Платья, которые я ей покупал, яхта, о которой говорил ей, пеньюары от Фортюни, — все это, получив в послушании Альбертины не то что компенсацию, а восполнение, представлялось мне драгоценными моими привилегиями; ибо обязанности и повинности господина составляют часть его власти и служат таким же характерным ее признаком и доказательством, как и его права. И эти права, которые Альбертина беспрекословно за мной признавала, как раз и придавали моим повинностям их истинное значение: в моем распоряжении была женщина, почтительно откликающаяся на первый мой зов, передающая по телефону, что она сейчас вернется, позволяющая увезти себя. Я был господином в большей степени, чем считал себя.
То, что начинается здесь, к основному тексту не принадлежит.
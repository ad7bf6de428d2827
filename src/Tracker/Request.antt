-- ===== src/Tracker/Request.antt =====
-- What the queries of a hit are made of: the orders, the browser, and the fields of a tracker that are sent.
use demolition_app.Base.{ℕ, Bool, String, Option, List}

-- `qe`: the names and values of a query.
abbrev pub Query : Type 0
Query = List (String × String)

-- What `ge` keeps of an item.
pub record Item : Type 0 where
  pub trans_id : String
  pub sku : String
  pub name : String
  pub category : String
  pub price : String
  pub quantity : String

-- What `fe` keeps of an order.
pub record Order : Type 0 where
  pub id : String
  pub affiliation : String
  pub total : String
  pub tax : String
  pub shipping : String
  pub city : String
  pub state : String
  pub country : String
  pub items : List Item

-- What the browser tells: `Qb`, `Lb`, `Rb`, `Mb`, `Pb`, `Nb`, `Ob`.
pub record Client : Type 0 where
  pub charset : String
  pub screen : String
  pub viewport : String
  pub colors : String
  pub language : String
  pub java : String
  pub flash : String

-- `cc`, printed by `print`; `xb`; the host, the rate `vb`, random numbers and the time; `Wa`, `Oc`, `vc`,
-- `of`, `Ic`; the cookies of `ff` by their names; whether `aip` is sent; `Kc`, `Yb`; whether there are
-- several accounts; the flags; `Fc`; `ib`, `lb`, `Ib`, `Kb`, the referrer, the page as `encodeURI` writes it; `Eb` with what is
-- added to it; `Gb`; `Cb`; `Ac`, `Bc` and `Cc`; `Gc` and `Hc`.
pub record Sender : Type 0 where
  pub hits : ℕ
  pub mode : ℕ
  pub host : String
  pub rate : String
  pub random : String
  pub time : String
  pub account : String
  pub experiment : String
  pub quiet : Bool
  pub container : String
  pub dev_ids : List String
  pub cookies : List (String × String)
  pub anonymous : Bool
  pub join_id : Option String
  pub redirect : String
  pub several : Bool
  pub flags : String
  pub groups : List String
  pub tells_client : Bool
  pub client : Client
  pub tells_title : Bool
  pub title : String
  pub page_id : String
  pub referrer : String
  pub path : String
  pub extension : Option String
  pub currency : String
  pub orders : List Order
  pub network : String
  pub deed : String
  pub target : String
  pub feedback_id : String
  pub feedback_text : String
Господином в большей степени, то есть в большей степени рабом. У меня пропало всякое желание видеть Альбертину. Уверенность, что она находится с Франсуазой и в ближайший момент, который я охотно бы отсрочил, вернется, освещала, как лучистая и кроткая звездочка, время, которое теперь я с гораздо большим удовольствием провел бы в одиночестве. Моя любовь к Альбертине подняла меня с постели и заставила приготовиться к прогулке, но она же помешает мне насладиться этой прогулкой. Я думал, что в этот воскресный день наверно гуляют по Булонскому лесу молоденькие работницы, мидинетки, кокотки. И вместе со словами: мидинетки, молоденькие работницы (как это часто у меня бывало с собственным именем, именем молодой девушки, прочитанным в отчете о каком-нибудь бале), вместе с образом белой блузки, коротенькой юбки, — так как в них я наряжал вымышленную мной особу, которая могла бы меня полюбить, — я сочинял наедине с самим собой желанных женщин и говорил себе: «Как они должны быть прекрасны! Но какой мне от этого прок, если я выйду не один?» Пользуясь тем, что я еще в одиночестве, я задернул занавески, чтобы солнце не мешало читать ноты, сел за рояль, открыл наудачу сонату Вентейля и начал играть; так как до приезда Альбертины оставалось еще довольно много времени, но зато приезд этот был совершенно обеспечен, я наслаждался одновременно и досугом и спокойствием духа.